Para Trump, Cuba es un problema táctico y una clave política que le permite unificar tras de sí al lobby cubano-americano y su voto en La Florida, estado decididamente republicano donde el magnate arrasó en las recientes elecciones. Atacar a Cuba forma parte de su agenda de batalla cultural y económica contra la “amenaza comunista”, que tiene además como objetivos estratégicos a China y Venezuela.
Cuba es el ejemplo y como tal debe ser castigada, Venezuela son los recursos naturales vitales para el funcionamiento de la economía norteamericana y China es el gran competidor en la escena económica mundial, que ha ido desplazando poco a poco a Estados Unidos del espacio de primacía indisputada que creía ocupar.
No es de extrañar que algunas de las más escandalosas declaraciones de Trump en la etapa previa descansen sobre esta perspectiva estratégica. Groenlandia y Canadá son vitales para el dominio del Ártico, repleto de recursos naturales, y para la perspectiva de Pax Americana que sostiene la nueva administración. El Canal de Panamá es una vía de comunicación estratégica, que según Trump está en manos de los chinos, declaración carente totalmente de veracidad y que realmente expresa las inquietudes de Washington por la creciente influencia del gigante asiático en la región de América Latina y el Caribe.

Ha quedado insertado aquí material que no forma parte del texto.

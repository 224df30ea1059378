-- ===== src/Client.antt =====
-- The gRPC clients of src/client: what they share, and the contract of their life cycle.
pub mod Account
pub mod Config
pub mod AccountRisk
mod Tests
use qtrade_client.Common.{
  ℕ, ◌+◌, String, Bool, true, false, not, ◌||◌, Option, none, some, ◌≡◌, refl, ap₂, List, [], ◌∷◌,
  is_empty, if◌then◌else◌,
}
use qtrade_client.Common.Int.{ℤ, pos, pos_part, is_positive}
use qtrade_client.Sdk.{ErrorCode}

-- `qtrade::common::config::ServiceConfig`, as far as the clients and the bootstrap read it.
pub record ServiceConfig : Type 0 where
  pub enabled : Bool
  pub host : String
  pub port : ℤ
  pub timeout_ms : ℤ

-- `grpc::Status`, as far as the clients tell its values apart.
pub data GrpcStatus : Type 0 where
  ok not_found : GrpcStatus
  failed : ℕ → GrpcStatus

-- A remote procedure: what comes back from the service at an address, for a deadline and a request.
abbrev pub Rpc : Type 0 → Type 0 → Type 0
Rpc Req Resp = String → ℕ → Req → GrpcStatus × Resp

-- `options.service_config.host.empty() || options.service_config.port <= 0`
unfoldable pub is_unusable : ServiceConfig → Bool
is_unusable cfg = is_empty cfg.host || not (is_positive cfg.port)

-- `DeadlineFrom`, whose default is 5000 ms in two of the clients and 3 ms in the third. Times are in
-- milliseconds.
unfoldable pub deadline_from : ℕ → ServiceConfig → ℕ → ℕ
deadline_from default cfg now =
    now + (if is_positive cfg.timeout_ms then pos_part cfg.timeout_ms else default)

-- The life cycle that a client promises: a session is open or not.
pub data Call : Type 0 where
  inits : ServiceConfig → Call
  shuts_down : Call

module _ (busy : ErrorCode) where
  abbrev pub spec_step : Call → Option ServiceConfig → ErrorCode × Option ServiceConfig
  spec_step (inits cfg) (some open_cfg) = (busy, some open_cfg)
  spec_step (inits cfg) none =
      if is_unusable cfg then (ErrorCode.internal_error, none) else (ErrorCode.success, some cfg)
  spec_step shuts_down session = (ErrorCode.success, none)

  pub spec_run : List Call → Option ServiceConfig → List ErrorCode × Option ServiceConfig
  spec_run [] session = ([], session)
  spec_run (c ∷ cs) session =
      let (code, after) = spec_step c session in
      let (codes, end) = spec_run cs after in (code ∷ codes, end)

-- What a remote call owes its caller, from the session alone.
abbrev pub spec_call :
    {Req Resp : Type 0} (address : ServiceConfig → String) (code_of : GrpcStatus → ErrorCode)
    (default : ℕ)
    → Rpc Req Resp
    → ℕ
    → Req
    → Resp
    → Option ServiceConfig
    → ErrorCode × Resp
spec_call address code_of default rpc now request response none =
    (ErrorCode.not_initialized, response)
spec_call address code_of default rpc now request response (some cfg) =
    let (status, answer) = rpc (address cfg) (deadline_from default cfg now) request in
    (code_of status, answer)

-- What a client's calls of `Init` and `Shutdown` simulate: if the codes of a step agree with the
-- contract and the relation is kept, so it is for every sequence of calls.
module _ {C : Type 0} (step : Call → C → ErrorCode × C) where
  pub run : List Call → C → List ErrorCode × C
  run [] c = ([], c)
  run (k ∷ ks) c = let (code, c') = step k c in let (codes, end) = run ks c' in (code ∷ codes, end)

  module _ (busy : ErrorCode) (R : C → Option ServiceConfig → Type 0)
      (simulates : (k : Call) (c : C) (s : Option ServiceConfig)
        → R c s
        → ((step k c).0 ≡ (spec_step busy k s).0) × R (step k c).1 (spec_step busy k s).1) where
    pub run_simulates :
        (ks : List Call) (c : C) (s : Option ServiceConfig)
        → R c s
        → ((run ks c).0 ≡ (spec_run busy ks s).0) × R (run ks c).1 (spec_run busy ks s).1
    unfolding run spec_run
    run_simulates [] c s r = (refl, r)
    run_simulates (k ∷ ks) c s r =
        let (code, r') = simulates k c s r in
        let (codes, r'') = run_simulates ks (step k c).1 (spec_step busy k s).1 r' in
        (ap₂ ◌∷◌ code codes, r'')
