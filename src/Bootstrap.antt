-- ===== src/Bootstrap.antt =====
-- src/bootstrap/engine_bootstrap_config.{hpp,cpp}: the local configuration of the process.
pub mod Complete
pub mod Strategies
mod Tests
use qtrade_client.Common.{
  ℕ, String, Bool, true, false, not, ◌&&◌, ◌||◌, Option, none, some, List, [], ◌∷◌, ◌≡◌, ◌≢◌, refl,
  string_Eq, ◌==◌, is_empty, if◌then◌else◌, Bool-cases, Option-cases, inl, inr, ◌⊎◌,
}
use qtrade_client.Common.Int.{ℤ, is_positive}
use qtrade_client.Client.{ServiceConfig}

-- What the parser uses of a JSON value, of a library that is not in the repository. `as_string` is `none`
-- if the value is not a text; `parse_endpoint` is `ParseServiceEndpoint`.
pub record JsonOps (J : Type 0) : Type 0 where
  pub is_object : J → Bool
  pub is_array : J → Bool
  pub find : String → J → Option J
  pub elements : J → List J
  pub as_string : J → Option String
  pub parse_endpoint : J → Option ServiceConfig

-- A call returns `nullopt`, returns a value, or throws: `value` throws for an entry that is not a text.
pub data Parsed (A : Type 0) : Type 0 where
  thrown refused : Parsed A
  parsed : A → Parsed A

unfoldable pub and_then : {A B : Type 0} → Parsed A → (A → Parsed B) → Parsed B
and_then thrown f = thrown
and_then refused f = refused
and_then (parsed a) f = f a

-- `if (!ok) return std::nullopt;`
unfoldable pub require : {A : Type 0} → Bool → Parsed A → Parsed A
require ok rest = if ok then rest else refused

pub record Identity : Type 0 where
  pub tenant_id : String
  pub engine_id : String
  pub account_id : String

pub record ProcessConfig : Type 0 where
  pub log_dir : String
  pub log_filename : String
  pub plugin_dir : String
  pub identity : Identity

pub record SupportServices : Type 0 where
  pub config_service : ServiceConfig
  pub account_service : ServiceConfig
  pub account_risk_service : ServiceConfig

pub record BootstrapConfig : Type 0 where
  pub config : ProcessConfig
  pub support_services : SupportServices

module _ {J : Type 0} (ops : JsonOps J) where
  -- `node.value(key, fallback)`
  abbrev pub text_of : Option J → String → Parsed String
  text_of none fallback = parsed fallback
  text_of (some j) fallback = elim (ops.as_string j) [ none ↦ thrown | some s ↦ parsed s ]

  abbrev pub value : String → String → J → Parsed String
  value key fallback node = text_of (ops.find key node) fallback

  -- `node.contains(key) && node.at(key).is_object()`, and the entry.
  abbrev pub member_if : (J → Bool) → Option J → Parsed J
  member_if test none = refused
  member_if test (some j) = if test j then parsed j else refused

  abbrev pub member : (J → Bool) → String → J → Parsed J
  member test key node = member_if test (ops.find key node)

  abbrev pub endpoint_of : Option ServiceConfig → Parsed ServiceConfig
  endpoint_of none = refused
  endpoint_of (some cfg) = parsed cfg

  -- The loop of `ParseSupportServiceByName`.
  unfoldable pub find_service : String → List J → Parsed ServiceConfig
  unfolding and_then
  find_service name [] = refused
  find_service name (j ∷ js) =
      let rest = find_service name js in
      if not (ops.is_object j)
      then rest
      else and_then (value "name" "" j)
          (λ n. if not (n == name) then rest else endpoint_of (ops.parse_endpoint j))

  unfoldable pub parse_support_service_by_name : J → String → Parsed ServiceConfig
  parse_support_service_by_name services name =
      if not (ops.is_array services) then refused else find_service name (ops.elements services)

  -- The three services are all looked up before the first missing one ends the call.
  abbrev pub all_services :
      Parsed ServiceConfig → Parsed ServiceConfig → Parsed ServiceConfig → Parsed SupportServices
  all_services thrown b c = thrown
  all_services a thrown c = elim a [ thrown ↦ thrown | refused ↦ thrown | parsed x ↦ thrown ]
  all_services a b c = elim c [
    | thrown ↦ thrown
    | refused ↦ refused
    | parsed z ↦ and_then a (λ x. and_then b (λ y.
        parsed (record { config_service = x; account_service = y; account_risk_service = z })))
  ]

  -- The rest of the parser, behind the tests of `config_node`'s members.
  abbrev pub parse_services : J → ProcessConfig → Parsed BootstrapConfig
  parse_services services process =
      and_then
        (all_services (parse_support_service_by_name services "config_service")
          (parse_support_service_by_name services "account_service")
          (parse_support_service_by_name services "account_risk_service"))
        (λ support.
          require
            (not (
              support.account_risk_service.enabled
              && not (is_positive support.account_risk_service.timeout_ms)))
            (parsed (record { config = process; support_services = support })))

  abbrev pub parse_strategy : J → J → String → String → Identity → Parsed BootstrapConfig
  parse_strategy strategy services log_dir log_filename identity =
      and_then (value "plugin_dir" "" strategy) (λ plugin_dir. require (not (is_empty plugin_dir)) (
        parse_services services (record {
          log_dir = log_dir;
          log_filename = log_filename;
          plugin_dir = plugin_dir;
          identity = identity;
        })))

  abbrev pub parse_identity : J → (Identity → Parsed BootstrapConfig) → Parsed BootstrapConfig
  parse_identity node rest = and_then (value "tenant_id" "" node) (λ tenant_id.
      and_then (value "engine_id" "" node) (λ engine_id.
        and_then (value "account_id" "" node) (λ account_id.
          require (not (is_empty tenant_id || is_empty engine_id || is_empty account_id)) (
            rest
              (record { tenant_id = tenant_id; engine_id = engine_id; account_id = account_id })))))

  abbrev pub parse_process : J → J → J → J → Parsed BootstrapConfig
  parse_process process identity strategy services =
      and_then (value "log_dir" "logs" process) (λ log_dir.
        and_then (value "log_filename" "trading-engine.log" process) (λ log_filename.
          require (not (is_empty log_dir || is_empty log_filename))
            (parse_identity identity (parse_strategy strategy services log_dir log_filename))))

  unfoldable pub parse_qtrade_engine_bootstrap_config : J → Parsed BootstrapConfig
  unfolding parse_support_service_by_name
  parse_qtrade_engine_bootstrap_config node = require (ops.is_object node) (
      and_then (member ops.is_object "config" node) (λ process.
        and_then (member ops.is_array "support_services" node) (λ services.
          and_then (member ops.is_object "identity" process) (λ identity.
            and_then (member ops.is_object "strategy" process)
              (λ strategy. parse_process process identity strategy services)))))

  -- `LoadBootstrapConfig` of engine_boot.cpp; `load_json_file` reads the file at the path.
  unfoldable pub load_bootstrap_config : (String → Option J) → String → Parsed BootstrapConfig
  unfolding parse_qtrade_engine_bootstrap_config
  load_bootstrap_config load_json_file config_path = elim (load_json_file config_path) [
    | none ↦ refused
    | some node ↦ parse_qtrade_engine_bootstrap_config node
  ]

China es una vieja obsesión de Trump y de buena parte de las élites norteamericanas, que han comprendido que el ascenso indetenido del país pone en peligro su hegemonía a escala global. De ahí que Trump presione a aliados y enemigos buscando forzar una situación ventajosa en contra del percibido rival estratégico. Aunque es poco probable que decida invadir Groenlandia, Canadá o Panamá, si es probable que estos escenarios de tensión le permitan negociar ventajas comerciales y políticas para su país, ventajas que sin duda apuntarán también en contra del capital y los intereses chinos en la región.
Es probable que a partir del próximo 20 de enero veamos al nuevo presidente firmar una serie de órdenes ejecutivas, muy probablemente orientadas a apretar el cerco en contra de Cuba y Venezuela y reactivar la guerra comercial contra China. Que aumente la inversión norteamericana en algunos países de la región, sobre todo en aquellos de claro signo derechista y que se fomente y fortalezca la ultraderecha regional. Incluso no es descartable el impulso de agendas golpistas en aquellos países percibidos como amenazas al orden americano.
Todo esto hace que la decisión tomada por Joe Biden este 14 de enero sea, ante todo, un gran acto de cinismo. Tanto él, como Trump, como todos los presidentes que han manejado esa Lista en el pasado saben que Cuba no ha sido ni es un estado patrocinador del terrorismo y no les importa. La Lista es una herramienta para aumentar el castigo colectivo contra una isla rebelde y su pueblo que, a pesar del inmenso costo humano y material, resisten y persisten en encontrar su propio camino soberano.